(Beginning of Data excerpts)

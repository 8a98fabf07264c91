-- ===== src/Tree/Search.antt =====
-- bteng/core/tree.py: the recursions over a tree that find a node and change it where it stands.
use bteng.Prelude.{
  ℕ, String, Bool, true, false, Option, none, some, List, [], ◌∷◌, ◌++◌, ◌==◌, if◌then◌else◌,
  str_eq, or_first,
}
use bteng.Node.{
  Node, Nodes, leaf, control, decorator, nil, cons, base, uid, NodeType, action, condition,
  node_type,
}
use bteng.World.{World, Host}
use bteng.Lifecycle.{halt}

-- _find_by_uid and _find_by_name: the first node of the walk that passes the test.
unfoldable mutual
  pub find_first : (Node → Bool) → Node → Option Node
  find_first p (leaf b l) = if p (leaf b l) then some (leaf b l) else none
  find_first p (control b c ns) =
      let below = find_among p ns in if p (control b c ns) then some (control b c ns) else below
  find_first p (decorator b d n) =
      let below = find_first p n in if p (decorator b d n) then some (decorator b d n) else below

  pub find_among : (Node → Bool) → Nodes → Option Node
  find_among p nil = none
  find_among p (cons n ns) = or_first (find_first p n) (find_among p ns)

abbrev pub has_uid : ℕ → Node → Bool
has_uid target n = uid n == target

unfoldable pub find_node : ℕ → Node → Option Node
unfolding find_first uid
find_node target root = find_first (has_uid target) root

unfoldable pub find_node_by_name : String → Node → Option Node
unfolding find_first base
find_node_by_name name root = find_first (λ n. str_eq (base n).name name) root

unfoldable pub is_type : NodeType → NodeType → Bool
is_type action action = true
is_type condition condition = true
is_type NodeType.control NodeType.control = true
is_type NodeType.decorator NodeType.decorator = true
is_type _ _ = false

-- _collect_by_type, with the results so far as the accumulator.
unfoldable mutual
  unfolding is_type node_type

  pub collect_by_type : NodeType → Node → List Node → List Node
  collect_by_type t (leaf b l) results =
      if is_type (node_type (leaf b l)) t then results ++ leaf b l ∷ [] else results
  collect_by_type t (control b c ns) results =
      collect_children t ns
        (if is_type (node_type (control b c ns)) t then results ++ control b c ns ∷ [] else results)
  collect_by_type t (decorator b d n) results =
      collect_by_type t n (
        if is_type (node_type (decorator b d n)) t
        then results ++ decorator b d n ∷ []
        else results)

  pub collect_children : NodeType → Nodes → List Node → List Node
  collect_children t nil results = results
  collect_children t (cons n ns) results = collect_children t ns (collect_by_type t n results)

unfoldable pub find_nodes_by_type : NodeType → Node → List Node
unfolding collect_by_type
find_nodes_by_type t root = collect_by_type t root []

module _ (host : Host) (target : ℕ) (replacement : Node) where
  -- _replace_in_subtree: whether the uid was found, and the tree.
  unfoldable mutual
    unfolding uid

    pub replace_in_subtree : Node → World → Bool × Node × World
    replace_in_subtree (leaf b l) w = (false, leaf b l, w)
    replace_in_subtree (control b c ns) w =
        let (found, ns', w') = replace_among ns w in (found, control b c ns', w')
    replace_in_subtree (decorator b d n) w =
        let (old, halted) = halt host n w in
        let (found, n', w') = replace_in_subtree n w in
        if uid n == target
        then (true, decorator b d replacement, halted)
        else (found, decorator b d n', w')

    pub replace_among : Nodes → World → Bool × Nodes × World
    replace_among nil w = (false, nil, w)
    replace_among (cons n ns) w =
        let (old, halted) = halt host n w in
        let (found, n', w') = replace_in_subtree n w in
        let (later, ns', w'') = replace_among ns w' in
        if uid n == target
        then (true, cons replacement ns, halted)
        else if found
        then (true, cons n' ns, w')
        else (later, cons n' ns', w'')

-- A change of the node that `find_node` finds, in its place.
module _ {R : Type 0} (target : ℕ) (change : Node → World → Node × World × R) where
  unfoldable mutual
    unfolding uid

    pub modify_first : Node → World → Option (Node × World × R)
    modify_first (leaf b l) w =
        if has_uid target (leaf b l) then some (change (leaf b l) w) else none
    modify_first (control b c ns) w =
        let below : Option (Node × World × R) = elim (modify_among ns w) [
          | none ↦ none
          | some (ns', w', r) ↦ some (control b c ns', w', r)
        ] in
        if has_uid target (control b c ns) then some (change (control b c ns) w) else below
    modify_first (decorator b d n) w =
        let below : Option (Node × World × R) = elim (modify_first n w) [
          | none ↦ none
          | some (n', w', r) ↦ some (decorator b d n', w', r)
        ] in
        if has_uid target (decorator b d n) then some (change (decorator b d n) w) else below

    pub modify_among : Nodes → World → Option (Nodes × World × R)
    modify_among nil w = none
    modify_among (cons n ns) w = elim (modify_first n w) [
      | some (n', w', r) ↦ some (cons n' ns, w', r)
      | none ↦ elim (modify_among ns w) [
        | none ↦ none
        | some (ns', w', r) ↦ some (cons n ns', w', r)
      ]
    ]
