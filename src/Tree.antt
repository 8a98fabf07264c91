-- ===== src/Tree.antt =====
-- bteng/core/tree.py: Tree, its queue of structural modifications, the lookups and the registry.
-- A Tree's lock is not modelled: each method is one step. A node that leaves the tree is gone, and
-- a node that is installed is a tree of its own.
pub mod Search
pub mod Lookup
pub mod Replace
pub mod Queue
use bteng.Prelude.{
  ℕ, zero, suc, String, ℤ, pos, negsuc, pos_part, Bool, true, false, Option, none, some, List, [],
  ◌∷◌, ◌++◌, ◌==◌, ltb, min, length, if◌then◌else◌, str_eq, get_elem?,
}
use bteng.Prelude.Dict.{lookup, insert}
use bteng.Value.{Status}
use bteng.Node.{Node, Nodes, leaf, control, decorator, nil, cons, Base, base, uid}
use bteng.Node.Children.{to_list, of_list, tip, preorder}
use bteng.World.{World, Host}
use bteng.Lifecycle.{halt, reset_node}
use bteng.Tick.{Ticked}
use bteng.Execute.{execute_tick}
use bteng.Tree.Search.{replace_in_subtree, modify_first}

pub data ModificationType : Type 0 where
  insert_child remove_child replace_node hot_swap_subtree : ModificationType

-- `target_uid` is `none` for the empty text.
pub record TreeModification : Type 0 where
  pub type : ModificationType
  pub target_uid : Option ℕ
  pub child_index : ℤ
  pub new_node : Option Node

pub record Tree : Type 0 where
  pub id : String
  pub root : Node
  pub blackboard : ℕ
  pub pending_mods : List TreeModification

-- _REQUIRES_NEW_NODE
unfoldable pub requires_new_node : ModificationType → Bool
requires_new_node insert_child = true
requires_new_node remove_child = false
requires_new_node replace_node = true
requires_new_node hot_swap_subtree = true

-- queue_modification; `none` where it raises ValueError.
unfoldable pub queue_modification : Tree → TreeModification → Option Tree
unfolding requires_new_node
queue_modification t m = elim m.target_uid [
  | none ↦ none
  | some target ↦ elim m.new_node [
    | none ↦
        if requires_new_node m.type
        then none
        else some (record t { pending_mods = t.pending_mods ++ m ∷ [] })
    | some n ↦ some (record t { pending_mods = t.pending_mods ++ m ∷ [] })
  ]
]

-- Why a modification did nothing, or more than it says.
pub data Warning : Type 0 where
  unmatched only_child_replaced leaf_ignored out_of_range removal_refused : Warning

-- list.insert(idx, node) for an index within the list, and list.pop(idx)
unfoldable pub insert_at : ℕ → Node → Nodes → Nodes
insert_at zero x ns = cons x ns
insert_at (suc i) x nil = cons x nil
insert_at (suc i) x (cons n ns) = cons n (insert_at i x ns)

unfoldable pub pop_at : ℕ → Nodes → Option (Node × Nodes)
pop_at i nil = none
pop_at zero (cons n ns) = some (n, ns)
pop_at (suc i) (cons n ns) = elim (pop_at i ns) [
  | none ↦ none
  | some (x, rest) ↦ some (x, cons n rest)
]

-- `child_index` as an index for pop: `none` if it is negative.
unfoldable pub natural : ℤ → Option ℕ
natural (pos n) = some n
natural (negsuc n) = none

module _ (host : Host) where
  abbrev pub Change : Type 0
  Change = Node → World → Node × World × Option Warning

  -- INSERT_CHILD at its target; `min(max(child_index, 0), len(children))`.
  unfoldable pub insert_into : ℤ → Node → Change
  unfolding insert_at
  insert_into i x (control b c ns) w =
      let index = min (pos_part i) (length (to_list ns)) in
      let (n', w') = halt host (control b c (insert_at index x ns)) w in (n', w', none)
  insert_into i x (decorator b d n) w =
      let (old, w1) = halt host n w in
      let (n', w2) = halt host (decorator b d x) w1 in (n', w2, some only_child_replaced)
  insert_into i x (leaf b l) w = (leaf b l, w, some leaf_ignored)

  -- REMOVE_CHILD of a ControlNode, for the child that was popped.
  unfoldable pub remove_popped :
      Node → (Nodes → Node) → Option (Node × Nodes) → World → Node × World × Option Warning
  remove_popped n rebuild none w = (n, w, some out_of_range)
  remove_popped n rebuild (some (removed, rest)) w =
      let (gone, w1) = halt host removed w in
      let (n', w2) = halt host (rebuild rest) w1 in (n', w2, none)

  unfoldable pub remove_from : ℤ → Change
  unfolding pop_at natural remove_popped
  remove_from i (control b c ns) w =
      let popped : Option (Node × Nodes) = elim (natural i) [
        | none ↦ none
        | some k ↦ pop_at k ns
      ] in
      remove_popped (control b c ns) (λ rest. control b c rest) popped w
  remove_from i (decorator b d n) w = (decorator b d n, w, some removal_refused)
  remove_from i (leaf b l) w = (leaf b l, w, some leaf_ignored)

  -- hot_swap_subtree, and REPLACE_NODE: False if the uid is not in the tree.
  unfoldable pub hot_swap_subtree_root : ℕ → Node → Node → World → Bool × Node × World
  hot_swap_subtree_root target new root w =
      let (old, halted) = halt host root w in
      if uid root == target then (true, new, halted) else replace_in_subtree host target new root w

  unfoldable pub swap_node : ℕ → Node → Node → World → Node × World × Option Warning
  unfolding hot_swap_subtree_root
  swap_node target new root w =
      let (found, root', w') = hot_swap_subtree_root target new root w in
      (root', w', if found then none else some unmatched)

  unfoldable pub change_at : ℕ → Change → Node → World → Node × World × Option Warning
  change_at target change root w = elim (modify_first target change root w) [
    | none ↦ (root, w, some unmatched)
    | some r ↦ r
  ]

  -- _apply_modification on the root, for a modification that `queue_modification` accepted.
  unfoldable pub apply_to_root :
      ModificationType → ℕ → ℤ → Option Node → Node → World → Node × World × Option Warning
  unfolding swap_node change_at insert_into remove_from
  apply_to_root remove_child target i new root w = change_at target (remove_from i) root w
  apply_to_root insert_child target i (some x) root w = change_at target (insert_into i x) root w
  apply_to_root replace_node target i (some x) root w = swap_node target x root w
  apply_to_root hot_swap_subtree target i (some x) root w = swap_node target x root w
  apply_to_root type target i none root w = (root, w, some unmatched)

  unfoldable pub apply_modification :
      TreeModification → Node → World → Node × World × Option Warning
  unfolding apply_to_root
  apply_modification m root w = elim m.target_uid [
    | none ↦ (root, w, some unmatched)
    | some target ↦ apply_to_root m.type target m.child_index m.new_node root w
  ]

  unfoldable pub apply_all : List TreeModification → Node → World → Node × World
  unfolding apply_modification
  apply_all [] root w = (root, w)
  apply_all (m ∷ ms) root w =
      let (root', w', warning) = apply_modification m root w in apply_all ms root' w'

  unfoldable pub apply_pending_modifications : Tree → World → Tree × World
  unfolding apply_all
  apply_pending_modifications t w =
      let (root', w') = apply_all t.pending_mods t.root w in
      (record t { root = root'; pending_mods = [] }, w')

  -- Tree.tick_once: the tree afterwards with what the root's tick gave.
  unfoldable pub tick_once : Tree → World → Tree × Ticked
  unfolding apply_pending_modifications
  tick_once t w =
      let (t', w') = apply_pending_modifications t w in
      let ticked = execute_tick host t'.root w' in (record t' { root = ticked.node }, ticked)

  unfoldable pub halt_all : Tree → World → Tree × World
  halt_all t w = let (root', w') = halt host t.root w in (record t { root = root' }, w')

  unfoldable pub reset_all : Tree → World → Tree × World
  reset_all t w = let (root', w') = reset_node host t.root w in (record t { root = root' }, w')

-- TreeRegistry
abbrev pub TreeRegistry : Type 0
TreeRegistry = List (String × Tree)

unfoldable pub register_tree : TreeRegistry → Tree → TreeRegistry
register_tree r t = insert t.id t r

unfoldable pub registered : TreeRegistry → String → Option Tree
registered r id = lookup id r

(End of Data excerpts)
(Beginning of Data excerpts)

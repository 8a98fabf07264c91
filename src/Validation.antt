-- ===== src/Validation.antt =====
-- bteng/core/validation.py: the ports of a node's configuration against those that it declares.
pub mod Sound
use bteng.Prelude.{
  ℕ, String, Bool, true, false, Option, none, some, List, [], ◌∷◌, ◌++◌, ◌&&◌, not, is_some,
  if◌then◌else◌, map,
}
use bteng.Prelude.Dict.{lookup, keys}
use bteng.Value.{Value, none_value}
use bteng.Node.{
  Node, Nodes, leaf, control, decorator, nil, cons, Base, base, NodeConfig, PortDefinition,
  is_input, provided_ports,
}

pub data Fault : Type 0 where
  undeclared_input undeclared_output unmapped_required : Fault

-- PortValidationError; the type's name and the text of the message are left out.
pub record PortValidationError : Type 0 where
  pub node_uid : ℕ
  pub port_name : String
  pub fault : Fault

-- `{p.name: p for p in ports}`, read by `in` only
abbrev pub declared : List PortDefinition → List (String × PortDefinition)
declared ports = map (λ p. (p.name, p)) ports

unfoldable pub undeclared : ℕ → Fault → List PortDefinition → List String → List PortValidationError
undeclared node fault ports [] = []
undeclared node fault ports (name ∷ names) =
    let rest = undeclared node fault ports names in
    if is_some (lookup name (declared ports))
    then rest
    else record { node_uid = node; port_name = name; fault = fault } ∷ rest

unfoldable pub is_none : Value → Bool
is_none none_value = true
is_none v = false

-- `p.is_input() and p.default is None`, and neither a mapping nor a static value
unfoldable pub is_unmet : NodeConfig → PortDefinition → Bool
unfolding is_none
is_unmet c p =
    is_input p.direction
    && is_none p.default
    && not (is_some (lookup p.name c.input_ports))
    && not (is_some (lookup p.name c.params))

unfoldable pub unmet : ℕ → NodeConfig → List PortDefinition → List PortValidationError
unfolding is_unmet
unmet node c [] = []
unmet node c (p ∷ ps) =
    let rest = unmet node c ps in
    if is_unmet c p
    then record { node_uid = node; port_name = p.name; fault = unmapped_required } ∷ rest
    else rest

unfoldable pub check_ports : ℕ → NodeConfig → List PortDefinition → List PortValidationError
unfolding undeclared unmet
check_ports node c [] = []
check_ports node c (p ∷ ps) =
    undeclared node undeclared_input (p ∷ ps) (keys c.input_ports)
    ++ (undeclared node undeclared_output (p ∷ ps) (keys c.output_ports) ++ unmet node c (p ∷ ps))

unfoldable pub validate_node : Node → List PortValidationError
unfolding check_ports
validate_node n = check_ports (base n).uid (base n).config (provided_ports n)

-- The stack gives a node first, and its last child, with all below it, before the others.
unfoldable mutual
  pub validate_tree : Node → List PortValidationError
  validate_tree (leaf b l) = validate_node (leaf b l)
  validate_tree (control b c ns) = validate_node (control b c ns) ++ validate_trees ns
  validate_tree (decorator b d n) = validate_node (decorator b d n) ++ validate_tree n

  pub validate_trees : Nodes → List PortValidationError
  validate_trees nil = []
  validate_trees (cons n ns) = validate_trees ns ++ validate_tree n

(End of Data excerpts)
(Beginning of Data excerpts)

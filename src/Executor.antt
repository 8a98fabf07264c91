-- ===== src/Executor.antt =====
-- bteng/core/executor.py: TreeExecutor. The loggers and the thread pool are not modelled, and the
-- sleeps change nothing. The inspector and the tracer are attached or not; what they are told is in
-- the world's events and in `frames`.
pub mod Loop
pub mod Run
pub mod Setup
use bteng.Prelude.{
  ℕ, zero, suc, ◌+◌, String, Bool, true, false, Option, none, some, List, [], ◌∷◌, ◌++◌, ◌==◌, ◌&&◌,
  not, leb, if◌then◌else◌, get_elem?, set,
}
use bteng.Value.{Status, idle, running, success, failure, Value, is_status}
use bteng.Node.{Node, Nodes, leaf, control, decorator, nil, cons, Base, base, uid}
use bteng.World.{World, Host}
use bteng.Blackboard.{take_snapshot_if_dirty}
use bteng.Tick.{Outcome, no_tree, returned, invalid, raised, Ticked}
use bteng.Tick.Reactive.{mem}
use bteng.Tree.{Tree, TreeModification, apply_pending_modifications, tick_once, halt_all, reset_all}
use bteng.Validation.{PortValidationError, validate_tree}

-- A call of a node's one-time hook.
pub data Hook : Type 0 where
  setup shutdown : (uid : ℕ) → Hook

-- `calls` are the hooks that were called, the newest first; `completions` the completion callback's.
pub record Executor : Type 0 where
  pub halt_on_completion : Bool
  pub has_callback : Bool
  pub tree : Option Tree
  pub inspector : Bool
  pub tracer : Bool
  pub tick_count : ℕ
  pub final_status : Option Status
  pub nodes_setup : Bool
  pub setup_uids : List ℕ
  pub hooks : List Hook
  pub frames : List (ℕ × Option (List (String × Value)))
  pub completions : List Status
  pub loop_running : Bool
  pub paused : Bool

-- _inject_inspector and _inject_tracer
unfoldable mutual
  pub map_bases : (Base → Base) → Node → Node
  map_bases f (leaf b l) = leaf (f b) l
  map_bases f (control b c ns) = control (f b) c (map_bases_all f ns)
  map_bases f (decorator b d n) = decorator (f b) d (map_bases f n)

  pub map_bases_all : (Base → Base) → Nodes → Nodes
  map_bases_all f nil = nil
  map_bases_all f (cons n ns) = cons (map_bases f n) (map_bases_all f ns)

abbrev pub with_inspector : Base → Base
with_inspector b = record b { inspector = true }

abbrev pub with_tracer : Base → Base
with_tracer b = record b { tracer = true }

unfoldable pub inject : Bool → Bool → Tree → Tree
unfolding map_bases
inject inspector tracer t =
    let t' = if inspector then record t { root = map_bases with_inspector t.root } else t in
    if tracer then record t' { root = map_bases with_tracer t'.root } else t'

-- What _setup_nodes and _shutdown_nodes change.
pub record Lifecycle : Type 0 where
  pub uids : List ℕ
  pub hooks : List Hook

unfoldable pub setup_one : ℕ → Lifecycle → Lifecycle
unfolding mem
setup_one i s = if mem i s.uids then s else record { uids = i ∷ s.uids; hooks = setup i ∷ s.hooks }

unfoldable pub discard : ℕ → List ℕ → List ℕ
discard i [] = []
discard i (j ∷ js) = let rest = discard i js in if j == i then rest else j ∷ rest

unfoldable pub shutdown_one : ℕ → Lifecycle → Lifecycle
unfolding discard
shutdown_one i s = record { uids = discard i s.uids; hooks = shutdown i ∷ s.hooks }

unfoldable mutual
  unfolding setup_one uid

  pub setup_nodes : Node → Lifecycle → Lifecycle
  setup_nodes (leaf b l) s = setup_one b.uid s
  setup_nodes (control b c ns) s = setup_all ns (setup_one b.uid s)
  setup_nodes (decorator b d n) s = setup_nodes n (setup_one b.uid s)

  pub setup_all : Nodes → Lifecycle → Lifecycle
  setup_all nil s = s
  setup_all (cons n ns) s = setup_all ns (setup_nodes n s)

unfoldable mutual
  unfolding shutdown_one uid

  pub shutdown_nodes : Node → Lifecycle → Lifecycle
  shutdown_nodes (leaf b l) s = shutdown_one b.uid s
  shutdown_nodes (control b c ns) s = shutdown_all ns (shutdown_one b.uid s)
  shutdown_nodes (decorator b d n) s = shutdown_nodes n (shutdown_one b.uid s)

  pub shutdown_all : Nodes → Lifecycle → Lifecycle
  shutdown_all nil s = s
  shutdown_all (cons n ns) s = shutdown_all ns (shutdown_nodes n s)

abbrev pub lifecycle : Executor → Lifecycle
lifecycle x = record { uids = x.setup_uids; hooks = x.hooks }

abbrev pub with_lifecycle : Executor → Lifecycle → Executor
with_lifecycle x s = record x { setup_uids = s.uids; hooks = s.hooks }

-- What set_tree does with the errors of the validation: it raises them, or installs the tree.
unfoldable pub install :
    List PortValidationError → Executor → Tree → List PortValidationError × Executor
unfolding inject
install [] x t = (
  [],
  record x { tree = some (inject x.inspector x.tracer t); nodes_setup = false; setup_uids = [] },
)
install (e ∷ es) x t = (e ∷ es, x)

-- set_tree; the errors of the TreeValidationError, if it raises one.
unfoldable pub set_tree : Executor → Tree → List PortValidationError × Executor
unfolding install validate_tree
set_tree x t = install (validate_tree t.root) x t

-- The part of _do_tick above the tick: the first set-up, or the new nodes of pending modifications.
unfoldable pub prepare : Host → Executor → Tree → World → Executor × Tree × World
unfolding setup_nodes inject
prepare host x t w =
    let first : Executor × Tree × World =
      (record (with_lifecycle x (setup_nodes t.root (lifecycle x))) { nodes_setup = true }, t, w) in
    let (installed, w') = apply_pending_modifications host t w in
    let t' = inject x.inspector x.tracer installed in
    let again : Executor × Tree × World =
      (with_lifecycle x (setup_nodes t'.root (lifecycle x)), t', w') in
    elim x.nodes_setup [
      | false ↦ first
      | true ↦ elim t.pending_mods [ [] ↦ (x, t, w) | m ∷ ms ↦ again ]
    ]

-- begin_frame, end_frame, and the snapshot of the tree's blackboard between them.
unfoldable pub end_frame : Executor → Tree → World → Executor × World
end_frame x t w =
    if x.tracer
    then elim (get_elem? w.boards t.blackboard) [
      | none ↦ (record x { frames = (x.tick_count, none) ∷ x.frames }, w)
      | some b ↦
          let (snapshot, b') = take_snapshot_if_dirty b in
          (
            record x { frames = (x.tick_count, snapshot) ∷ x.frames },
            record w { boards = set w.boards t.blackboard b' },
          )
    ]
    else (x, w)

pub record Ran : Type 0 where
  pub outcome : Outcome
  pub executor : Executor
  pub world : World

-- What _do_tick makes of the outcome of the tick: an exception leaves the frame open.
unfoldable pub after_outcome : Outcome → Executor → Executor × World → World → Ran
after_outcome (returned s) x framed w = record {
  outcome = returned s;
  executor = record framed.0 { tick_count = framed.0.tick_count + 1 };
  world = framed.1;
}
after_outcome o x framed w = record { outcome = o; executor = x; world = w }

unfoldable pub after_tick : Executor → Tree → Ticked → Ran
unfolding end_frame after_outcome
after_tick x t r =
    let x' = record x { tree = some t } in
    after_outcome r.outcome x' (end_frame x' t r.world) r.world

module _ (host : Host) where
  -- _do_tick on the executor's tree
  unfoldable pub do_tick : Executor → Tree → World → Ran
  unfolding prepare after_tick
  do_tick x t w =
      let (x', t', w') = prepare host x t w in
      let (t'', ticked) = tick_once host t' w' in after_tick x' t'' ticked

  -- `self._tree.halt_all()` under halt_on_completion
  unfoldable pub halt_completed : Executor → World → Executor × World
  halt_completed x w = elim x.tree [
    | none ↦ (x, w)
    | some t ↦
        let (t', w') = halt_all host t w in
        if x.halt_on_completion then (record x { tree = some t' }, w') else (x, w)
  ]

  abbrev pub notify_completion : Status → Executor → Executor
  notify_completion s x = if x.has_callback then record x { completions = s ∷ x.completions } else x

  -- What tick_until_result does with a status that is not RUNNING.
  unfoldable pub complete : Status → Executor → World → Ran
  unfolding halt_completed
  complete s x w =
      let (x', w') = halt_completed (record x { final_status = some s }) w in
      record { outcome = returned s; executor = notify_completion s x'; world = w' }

(End of Data excerpts)

### Exercise aim
Starting at the line that has "unfolding mem" and ending at the line that has "shutdown_nodes (leaf b", please write out the lines above exactly, leaving out all others.

### Exercise response
unfolding mem
setup_one i s = if mem i s.uids then s else record { uids = i ∷ s.uids; hooks = setup i ∷ s.hooks }

unfoldable pub discard : ℕ → List ℕ → List ℕ
discard i [] = []
discard i (j ∷ js) = let rest = discard i js in if j == i then rest else j ∷ rest

unfoldable pub shutdown_one : ℕ → Lifecycle → Lifecycle
unfolding discard
shutdown_one i s = record { uids = discard i s.uids; hooks = shutdown i ∷ s.hooks }

unfoldable mutual
  unfolding setup_one uid

  pub setup_nodes : Node → Lifecycle → Lifecycle
  setup_nodes (leaf b l) s = setup_one b.uid s
  setup_nodes (control b c ns) s = setup_all ns (setup_one b.uid s)
  setup_nodes (decorator b d n) s = setup_nodes n (setup_one b.uid s)

  pub setup_all : Nodes → Lifecycle → Lifecycle
  setup_all nil s = s
  setup_all (cons n ns) s = setup_all ns (setup_nodes n s)

unfoldable mutual
  unfolding shutdown_one uid

  pub shutdown_nodes : Node → Lifecycle → Lifecycle
  shutdown_nodes (leaf b l) s = shutdown_one b.uid s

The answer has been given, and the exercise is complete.